We approach the big tree where the cormorants build their nests. You can hear the noise from far away and as we close in you also start to smell them. Hundreds of cormorant are breeding and flying off and on with twigs for their nests.
After a break we decide to do the Nyamusingiri walk before lunch instead of later in the afternoon. As the walk is through an ironwood forest it won't be too hot.
We reach the cave and again you can not only hear but also smell the occupants. Thousands of fruit bats were hooked up on the ceiling of the cave. We assumed bats would sleep during the day but they are very much awake and are flying about. We can see their faces very clearly and they walk the ceiling with the 'thumbs' of their wings/hands.
We finally see a live African Land Snail. We have found lots of shells but this is the first living one. They are really huge, up to 20 cm!
In the afternoon we go for another game drive, the scenic route of crater lakes of Queen Elizabeth NP.
Today we are heading to Lake Mburo National Park, the last wildlife reserve of this safari. It's the only park in Uganda with Eland, Impala en Zebra. We've seen lots of these animals in Tanzania but here they are special.
Driving up to the lodge we see plenty of Ankole cattle which have unusually large horns. We check in at Rwakobo Rock. The cottages are a bit outdated and in need of some repair but the location is terrific. It's located only 1 km form the main gate to the NP and from the rocky outcrops you have a view of the park.

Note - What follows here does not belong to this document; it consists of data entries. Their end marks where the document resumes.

-- ===== src/Epics.antt =====
-- EPICS/EPICSLog.h, EPICS/EPICSLog.cpp, EPICS/iocCommands.c: the commands of the EPICS shell. An
-- argument that is left out is a null pointer, `none`. A command's result is the logger and what
-- it writes to std::cerr; `none` is a text made of a null pointer, or an exception that leaves the
-- command.
pub mod Commands
use epics_logfile.Base.{
  ℕ, zero, suc, Bool, true, false, List, [], ◌∷◌, ◌++◌, Option, none, some, Bytes, codes,
  if◌then◌else◌, Result, ok, throw, ◌>>=◌, Exception, invalid_argument, runtime_error, out_of_range,
}
use epics_logfile.Level.{Level, level_name, level_by_name, all_levels}
use epics_logfile.OutputStream.{StreamClass, OutputStream, new_stream}
use epics_logfile.LogThread.{LogThread, store}
use epics_logfile.Registry.{find_subsystem, set_subsystem_min_log_level}
use epics_logfile.Logger.{Logger, add_output_stream, set_stream_min_log_level, dump_configuration}

-- The lines with the names of the levels.
unfoldable pub level_lines : List Level → Result Bytes
level_lines [] = ok []
level_lines (i ∷ rest) = do
  name ← level_name i
  lines ← level_lines rest
  ok (codes "   - " ++ (name ++ (codes "\n" ++ lines)))

module _ {S : Type 0} where
  -- logger::instance()->set_min_log_level(_streamname, level), and the message if it fails.
  set_stream_level : Option Bytes → Level → Logger S → Option (Logger S × Bytes)
  unfolding set_stream_min_log_level
  set_stream_level none level l = none
  set_stream_level (some streamname) level l = elim l.thread [
    | none ↦ none
    | some t ↦ elim (set_stream_min_log_level streamname level t) [
      | none ↦ none
      | some (t', found) ↦ some (
        record l { thread = some t' },
        if found then [] else codes "Unknown output stream '" ++ (streamname ++ codes "'\n"),
      )
    ]
  ]

  unknown_level : Bytes → Result Bytes → Logger S → Option (Logger S × Bytes)
  unknown_level level (throw x) l = none
  unknown_level level (ok lines) l =
      some (l, codes "Unknown log level '" ++ (level ++ (codes "'\nKnown levels are:" ++ lines)))

  -- The try block of LogfileSetMinLevel, and its handler.
  set_level_or_complain : Option Bytes → Bytes → Result Level → Logger S → Option (Logger S × Bytes)
  unfolding set_stream_level unknown_level level_lines
  set_level_or_complain streamname level (ok l) logger = set_stream_level streamname l logger
  set_level_or_complain streamname level (throw (invalid_argument what)) logger =
      unknown_level level (level_lines all_levels) logger
  set_level_or_complain streamname level (throw (runtime_error what)) logger = none
  set_level_or_complain streamname level (throw (out_of_range what)) logger = none

  -- LogfileSetMinLevel.
  unfoldable pub logfile_set_min_level :
      Option Bytes → Option Bytes → Logger S → Option (Logger S × Bytes)
  unfolding set_level_or_complain
  logfile_set_min_level streamname none l = none
  logfile_set_min_level streamname (some level) l =
      set_level_or_complain streamname level (level_by_name level) l

  -- find_subsystem and set_subsystem_min_log_level, in LogfileSetSubsystemMinLevel.
  set_subsystem_level : Level → Result ℕ → Logger S → Option (Logger S × Bytes)
  set_subsystem_level level (throw (invalid_argument what)) l = some (l, [])
  set_subsystem_level level (throw (runtime_error what)) l = none
  set_subsystem_level level (throw (out_of_range what)) l = none
  set_subsystem_level level (ok sub_id) l =
      elim (set_subsystem_min_log_level sub_id level l.registry) [
        | none ↦ none
        | some r ↦ some (record l { registry = r }, [])
      ]

  set_named_subsystem : Option Bytes → Result Level → Logger S → Option (Logger S × Bytes)
  unfolding set_subsystem_level
  set_named_subsystem subsystem (throw (invalid_argument what)) l = some (l, [])
  set_named_subsystem subsystem (throw (runtime_error what)) l = none
  set_named_subsystem subsystem (throw (out_of_range what)) l = none
  set_named_subsystem none (ok level) l = none
  set_named_subsystem (some subsystem) (ok level) l =
      set_subsystem_level level (find_subsystem subsystem l.registry) l

  -- LogfileSetSubsystemMinLevel.
  unfoldable pub logfile_set_subsystem_min_level :
      Option Bytes → Option Bytes → Logger S → Option (Logger S × Bytes)
  unfolding set_named_subsystem
  logfile_set_subsystem_min_level subsystem none l = none
  logfile_set_subsystem_min_level subsystem (some level) l =
      set_named_subsystem subsystem (level_by_name level) l

-- The sinks that the commands make are parameters: what `new` gives for the file and the STOMP
-- stream, which can throw. `a` is the address of the new stream.
module _ {S : Type 0} (cls : StreamClass S) (minimum : Level) (file_stream : Bytes → S)
    (stomp_stream : Bytes → Bytes → Result S) (a : ℕ) where
  add_sink : S → Logger S → Option (Logger S × Bytes)
  unfolding add_output_stream new_stream
  add_sink s l = elim l.thread [
    | none ↦ none
    | some t ↦ some (
      record l {
        thread = some (
            add_output_stream a (cls.name s) []
              (record t { heap = store t.heap a (some (new_stream minimum s)) }));
      },
      [],
    )
  ]

  -- LogfileAddFileStream.
  logfile_add_file_stream : Option Bytes → Logger S → Option (Logger S × Bytes)
  unfolding add_sink
  logfile_add_file_stream none l = none
  logfile_add_file_stream (some filename) l = add_sink (file_stream filename) l

  add_made : Result S → Logger S → Option (Logger S × Bytes)
  unfolding add_sink
  add_made (throw x) l = none
  add_made (ok s) l = add_sink s l

  -- LogfileAddStompStream.
  logfile_add_stomp_stream : Option Bytes → Option Bytes → Logger S → Option (Logger S × Bytes)
  unfolding add_made
  logfile_add_stomp_stream (some appname) (some server) l = add_made (stomp_stream appname server) l
  logfile_add_stomp_stream (some appname) none l = none
  logfile_add_stomp_stream none server l = none

-- The commands of iocCommands.c, their names and the names of their arguments.
pub data Command : Type 0 where
  log_add_file_stream log_add_stomp_stream log_dump log_set_min_level log_set_subsystem_min_level :
      Command

command_name : Command → Bytes
command_name log_add_file_stream = codes "logAddFileStream"
command_name log_add_stomp_stream = codes "logAddStompStream"
command_name log_dump = codes "logDump"
command_name log_set_min_level = codes "logSetMinLevel"
command_name log_set_subsystem_min_level = codes "logSetSubsystemMinLevel"

command_args : Command → List Bytes
command_args log_add_file_stream = codes "file name" ∷ []
command_args log_add_stomp_stream = codes "application name" ∷ codes "server name" ∷ []
command_args log_dump = []
command_args log_set_min_level = codes "stream name" ∷ codes "level name" ∷ []
command_args log_set_subsystem_min_level = codes "subsystem name" ∷ codes "level name" ∷ []

-- logRegisterCommands: firstTime, and what has been given to iocshRegister.
register_commands : Bool → List Command → Bool × List Command
register_commands false registered = (false, registered)
register_commands true registered = (
  false,
  registered
      ++ (log_add_file_stream ∷ log_add_stomp_stream ∷ log_dump ∷ log_set_min_level
          ∷ log_set_subsystem_min_level ∷ []),
)

-- _args[i].sval; the shell gives null for an argument that is left out.
arg : ℕ → List (Option Bytes) → Option Bytes
arg i [] = none
arg zero (a ∷ args) = a
arg (suc i) (a ∷ args) = arg i args

module _ {S : Type 0} (cls : StreamClass S) (minimum : Level) (file_stream : Bytes → S)
    (stomp_stream : Bytes → Bytes → Result S) (a : ℕ) where
  unfoldable pub shown : Logger S → Option (Result Bytes) → Option (Logger S × Bytes)
  shown l none = none
  shown l (some (throw x)) = none
  shown l (some (ok text)) = some (l, text)

  -- LogfileDump writes to std::cout.
  logfile_dump : Logger S → Option (Logger S × Bytes)
  unfolding dump_configuration shown
  logfile_dump l = elim l.thread [
    | none ↦ none
    | some t ↦ shown l (dump_configuration minimum cls l.registry t)
  ]

  -- The function that is registered with each command.
  call_func : Command → List (Option Bytes) → Logger S → Option (Logger S × Bytes)
  unfolding arg logfile_dump logfile_set_min_level logfile_set_subsystem_min_level
      logfile_add_file_stream logfile_add_stomp_stream
  call_func log_add_file_stream args l =
      logfile_add_file_stream cls minimum file_stream stomp_stream a (arg 0 args) l
  call_func log_add_stomp_stream args l =
      logfile_add_stomp_stream cls minimum file_stream stomp_stream a (arg 0 args) (arg 1 args) l
  call_func log_dump args l = logfile_dump l
  call_func log_set_min_level args l = logfile_set_min_level (arg 0 args) (arg 1 args) l
  call_func log_set_subsystem_min_level args l =
      logfile_set_subsystem_min_level (arg 0 args) (arg 1 args) l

Late afternoon we go for a game drive and immediately see zebra. There are also plenty of warthog, one of our favorite animals. We also see Topi, Eland and Buffalo.
There are also lots of bird species like the Striped Kingfisher, Palm-nut Vulture, Grey Hornbill and Red-faced Barbet.
Back at the lodge we watch the sunset and enjoy our last night in Uganda.
Our last day... It's amazing how time flies when traveling on a safari trip. Thankfully today is packed with activities. First we go for a game walk inside Lake Mburo NP. It's a beautiful park full of lakes and wetlands. Close to the marsh we spot a Verreaux's Eagle-owl, the largest owl of Africa. This is one of the best game walks we had as we are not only seeing footprints and droppings but a lot of animals close-by. Waterbuck, Vervet Monkeys, Topi and Zebra. This is pure joy.
After breakfast we leave for Mbamba Swamps, close to Entebbe, where we will look for Shoebill again.
On our way we cross the equator again. We stop for lunch and to watch the 'equator-water-test'. It is said that water is flowing down a drain in different directions depending on which side of the equator you are. It is said the earth's rotation affects the direction of draining water, the Coriolis effect. The test shows this effect very clearly and it is amazing. We do not trust it completely and want to see what happens when the water drains exactly on the equator. It goes straight down, no swirl. In our hearts we know it's a trick but a very well executed and convincing one at that!
Late afternoon we arrive at Mbamba swamps.We are very much looking forward to another canoe trip. You see lots of birds on the water and it's very peaceful. The main attraction is Shoebill. First we float through the water but then we take a right turn and the canals are getting more narrow. Our guide spots a Shoebill far away and we are headed in that direction. The weeds are getting thicker and thicker. First the boatman steps out and pulls our canoe. It's too heavy so our guide also steps out to push it. We feel a bit awkward still sitting in the canoe and ask if we shouldn't get out to help. No way, we are the guests! Finally we find the Shoebill and our camera's start clicking again. We navigate back through the swamp and enjoy our last moments in Uganda.